*Task prompt*. Each entry below is to be copied verbatim.

____

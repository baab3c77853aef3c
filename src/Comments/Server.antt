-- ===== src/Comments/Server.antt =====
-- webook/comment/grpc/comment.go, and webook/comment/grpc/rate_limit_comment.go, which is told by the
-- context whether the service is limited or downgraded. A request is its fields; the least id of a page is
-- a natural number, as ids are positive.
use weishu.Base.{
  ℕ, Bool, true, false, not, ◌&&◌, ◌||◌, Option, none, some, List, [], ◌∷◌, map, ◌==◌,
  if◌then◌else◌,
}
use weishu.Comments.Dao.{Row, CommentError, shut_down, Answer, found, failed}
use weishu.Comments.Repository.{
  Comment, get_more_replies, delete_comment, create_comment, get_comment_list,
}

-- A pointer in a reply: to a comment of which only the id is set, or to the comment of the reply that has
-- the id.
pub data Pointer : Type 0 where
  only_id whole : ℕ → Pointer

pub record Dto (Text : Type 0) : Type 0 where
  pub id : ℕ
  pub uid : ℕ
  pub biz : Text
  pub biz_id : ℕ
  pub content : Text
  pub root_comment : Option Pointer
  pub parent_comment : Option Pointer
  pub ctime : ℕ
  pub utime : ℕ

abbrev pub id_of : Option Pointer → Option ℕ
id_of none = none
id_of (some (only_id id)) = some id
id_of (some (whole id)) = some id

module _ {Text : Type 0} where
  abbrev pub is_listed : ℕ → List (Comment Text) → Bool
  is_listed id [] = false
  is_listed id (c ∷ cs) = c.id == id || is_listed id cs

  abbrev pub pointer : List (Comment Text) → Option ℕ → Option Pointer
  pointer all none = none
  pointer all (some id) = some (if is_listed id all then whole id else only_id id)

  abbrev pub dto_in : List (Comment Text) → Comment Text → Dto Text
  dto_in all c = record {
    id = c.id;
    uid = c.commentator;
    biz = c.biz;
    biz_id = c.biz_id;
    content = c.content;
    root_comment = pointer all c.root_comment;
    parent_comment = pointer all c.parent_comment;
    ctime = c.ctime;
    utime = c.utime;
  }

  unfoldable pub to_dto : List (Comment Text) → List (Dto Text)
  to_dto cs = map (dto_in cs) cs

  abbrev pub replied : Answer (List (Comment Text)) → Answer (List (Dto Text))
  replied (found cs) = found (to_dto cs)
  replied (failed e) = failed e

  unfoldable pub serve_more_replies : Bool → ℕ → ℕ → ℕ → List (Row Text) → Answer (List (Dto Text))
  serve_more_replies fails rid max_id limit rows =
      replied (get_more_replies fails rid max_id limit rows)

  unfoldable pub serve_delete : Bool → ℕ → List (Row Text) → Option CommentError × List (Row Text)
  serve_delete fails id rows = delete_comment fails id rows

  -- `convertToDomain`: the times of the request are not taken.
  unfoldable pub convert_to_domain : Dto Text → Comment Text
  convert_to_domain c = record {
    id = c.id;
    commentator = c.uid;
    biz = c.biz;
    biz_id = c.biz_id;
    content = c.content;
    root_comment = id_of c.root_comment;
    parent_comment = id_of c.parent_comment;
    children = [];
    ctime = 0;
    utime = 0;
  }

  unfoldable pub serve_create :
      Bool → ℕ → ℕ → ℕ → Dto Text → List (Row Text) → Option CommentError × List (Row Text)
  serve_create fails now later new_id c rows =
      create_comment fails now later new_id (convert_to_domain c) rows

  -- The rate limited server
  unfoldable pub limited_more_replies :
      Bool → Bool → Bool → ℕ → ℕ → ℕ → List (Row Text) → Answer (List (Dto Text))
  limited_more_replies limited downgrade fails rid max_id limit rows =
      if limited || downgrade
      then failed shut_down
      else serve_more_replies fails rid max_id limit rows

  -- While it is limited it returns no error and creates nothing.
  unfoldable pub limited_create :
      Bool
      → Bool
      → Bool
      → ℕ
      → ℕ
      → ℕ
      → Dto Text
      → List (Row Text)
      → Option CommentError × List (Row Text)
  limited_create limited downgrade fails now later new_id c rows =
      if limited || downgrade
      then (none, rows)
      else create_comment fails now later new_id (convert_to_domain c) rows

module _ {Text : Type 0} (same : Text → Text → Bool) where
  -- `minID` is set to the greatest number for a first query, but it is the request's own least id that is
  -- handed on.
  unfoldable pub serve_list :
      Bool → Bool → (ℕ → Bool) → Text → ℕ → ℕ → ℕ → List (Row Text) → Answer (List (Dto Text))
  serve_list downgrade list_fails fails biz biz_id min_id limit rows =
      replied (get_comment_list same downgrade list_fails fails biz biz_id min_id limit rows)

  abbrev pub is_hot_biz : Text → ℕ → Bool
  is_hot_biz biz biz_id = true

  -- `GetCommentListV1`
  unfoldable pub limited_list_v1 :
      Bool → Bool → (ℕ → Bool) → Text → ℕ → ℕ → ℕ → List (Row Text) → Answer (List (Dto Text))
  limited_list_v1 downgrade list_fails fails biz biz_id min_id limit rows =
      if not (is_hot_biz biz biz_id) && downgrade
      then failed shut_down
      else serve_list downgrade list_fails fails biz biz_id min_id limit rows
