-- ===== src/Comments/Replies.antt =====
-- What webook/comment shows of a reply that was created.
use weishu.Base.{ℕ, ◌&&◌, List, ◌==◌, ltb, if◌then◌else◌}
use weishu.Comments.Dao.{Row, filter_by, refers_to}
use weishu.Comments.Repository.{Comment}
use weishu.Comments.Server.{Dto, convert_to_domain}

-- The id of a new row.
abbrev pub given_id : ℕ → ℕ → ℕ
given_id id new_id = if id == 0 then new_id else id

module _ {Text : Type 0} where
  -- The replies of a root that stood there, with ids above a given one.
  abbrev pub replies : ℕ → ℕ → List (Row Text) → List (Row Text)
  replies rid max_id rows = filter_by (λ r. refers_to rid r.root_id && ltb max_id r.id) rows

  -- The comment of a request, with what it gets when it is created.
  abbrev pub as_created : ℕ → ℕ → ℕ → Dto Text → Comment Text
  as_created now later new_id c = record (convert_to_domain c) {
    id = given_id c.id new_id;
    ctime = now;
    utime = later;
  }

____

*Worked solution*.
repository baab3c77853aef3c
filename src/Comments/Server.antt
-- ===== src/Comments/Server.antt =====
-- webook/comment/grpc/comment.go, and webook/comment/grpc/rate_limit_comment.go, which is told by the
-- context whether the service is limited or downgraded. A request is its fields; the least id of a page is
-- a natural number, as ids are positive.
use weishu.Base.{
  ℕ, Bool, true, false, not, ◌&&◌, ◌||◌, Option, none, some, List, [], ◌∷◌, map, ◌==◌,
  if◌then◌else◌,
}
use weishu.Comments.Dao.{Row, CommentError, shut_down, Answer, found, failed}
use weishu.Comments.Repository.{
  Comment, get_more_replies, delete_comment, create_comment, get_comment_list,
}

-- A pointer in a reply: to a comment of which only the id is set, or to the comment of the reply that has
-- the id.
pub data Pointer : Type 0 where
  only_id whole : ℕ → Pointer

pub record Dto (Text : Type 0) : Type 0 where
  pub id : ℕ
  pub uid : ℕ
  pub biz : Text
  pub biz_id : ℕ
  pub content : Text
  pub root_comment : Option Pointer
  pub parent_comment : Option Pointer
  pub ctime : ℕ
  pub utime : ℕ

abbrev pub id_of : Option Pointer → Option ℕ
id_of none = none
id_of (some (only_id id)) = some id
id_of (some (whole id)) = some id

module _ {Text : Type 0} where
  abbrev pub is_listed : ℕ → List (Comment Text) → Bool
  is_listed id [] = false
  is_listed id (c ∷ cs) = c.id == id || is_listed id cs

  abbrev pub pointer : List (Comment Text) → Option ℕ → Option Pointer
  pointer all none = none
  pointer all (some id) = some (if is_listed id all then whole id else only_id id)

  abbrev pub dto_in : List (Comment Text) → Comment Text → Dto Text
  dto_in all c = record {
    id = c.id;
    uid = c.commentator;
    biz = c.biz;
    biz_id = c.biz_id;
    content = c.content;
    root_comment = pointer all c.root_comment;
    parent_comment = pointer all c.parent_comment;
    ctime = c.ctime;
    utime = c.utime;
  }

  unfoldable pub to_dto : List (Comment Text) → List (Dto Text)
  to_dto cs = map (dto_in cs) cs

  abbrev pub replied : Answer (List (Comment Text)) → Answer (List (Dto Text))
  replied (found cs) = found (to_dto cs)
  replied (failed e) = failed e

  unfoldable pub serve_more_replies : Bool → ℕ → ℕ → ℕ → List (Row Text) → Answer (List (Dto Text))
  serve_more_replies fails rid max_id limit rows =
      replied (get_more_replies fails rid max_id limit rows)

  unfoldable pub serve_delete : Bool → ℕ → List (Row Text) → Option CommentError × List (Row Text)
  serve_delete fails id rows = delete_comment fails id rows

  -- `convertToDomain`: the times of the request are not taken.
  unfoldable pub convert_to_domain : Dto Text → Comment Text
  convert_to_domain c = record {
    id = c.id;
    commentator = c.uid;
    biz = c.biz;
    biz_id = c.biz_id;
    content = c.content;
    root_comment = id_of c.root_comment;
    parent_comment = id_of c.parent_comment;
    children = [];
    ctime = 0;
    utime = 0;
  }

  unfoldable pub serve_create :
      Bool → ℕ → ℕ → ℕ → Dto Text → List (Row Text) → Option CommentError × List (Row Text)
  serve_create fails now later new_id c rows =
      create_comment fails now later new_id (convert_to_domain c) rows

  -- The rate limited server
  unfoldable pub limited_more_replies :
      Bool → Bool → Bool → ℕ → ℕ → ℕ → List (Row Text) → Answer (List (Dto Text))
  limited_more_replies limited downgrade fails rid max_id limit rows =
      if limited || downgrade
      then failed shut_down
      else serve_more_replies fails rid max_id limit rows

  -- While it is limited it returns no error and creates nothing.
  unfoldable pub limited_create :
      Bool
      → Bool
      → Bool
      → ℕ
      → ℕ
      → ℕ
      → Dto Text
      → List (Row Text)
      → Option CommentError × List (Row Text)
  limited_create limited downgrade fails now later new_id c rows =
      if limited || downgrade
      then (none, rows)
      else create_comment fails now later new_id (convert_to_domain c) rows

module _ {Text : Type 0} (same : Text → Text → Bool) where
  -- `minID` is set to the greatest number for a first query, but it is the request's own least id that is
  -- handed on.
  unfoldable pub serve_list :
      Bool → Bool → (ℕ → Bool) → Text → ℕ → ℕ → ℕ → List (Row Text) → Answer (List (Dto Text))
  serve_list downgrade list_fails fails biz biz_id min_id limit rows =
      replied (get_comment_list same downgrade list_fails fails biz biz_id min_id limit rows)

  abbrev pub is_hot_biz : Text → ℕ → Bool
  is_hot_biz biz biz_id = true

  -- `GetCommentListV1`
  unfoldable pub limited_list_v1 :
      Bool → Bool → (ℕ → Bool) → Text → ℕ → ℕ → ℕ → List (Row Text) → Answer (List (Dto Text))
  limited_list_v1 downgrade list_fails fails biz biz_id min_id limit rows =
      if not (is_hot_biz biz biz_id) && downgrade
      then failed shut_down
      else serve_list downgrade list_fails fails biz biz_id min_id limit rows
-- ===== src/Comments/Replies.antt =====
-- What webook/comment shows of a reply that was created.
use weishu.Base.{ℕ, ◌&&◌, List, ◌==◌, ltb, if◌then◌else◌}
use weishu.Comments.Dao.{Row, filter_by, refers_to}
use weishu.Comments.Repository.{Comment}
use weishu.Comments.Server.{Dto, convert_to_domain}

-- The id of a new row.
abbrev pub given_id : ℕ → ℕ → ℕ
given_id id new_id = if id == 0 then new_id else id

module _ {Text : Type 0} where
  -- The replies of a root that stood there, with ids above a given one.
  abbrev pub replies : ℕ → ℕ → List (Row Text) → List (Row Text)
  replies rid max_id rows = filter_by (λ r. refers_to rid r.root_id && ltb max_id r.id) rows

  -- The comment of a request, with what it gets when it is created.
  abbrev pub as_created : ℕ → ℕ → ℕ → Dto Text → Comment Text
  as_created now later new_id c = record (convert_to_domain c) {
    id = given_id c.id new_id;
    ctime = now;
    utime = later;
  }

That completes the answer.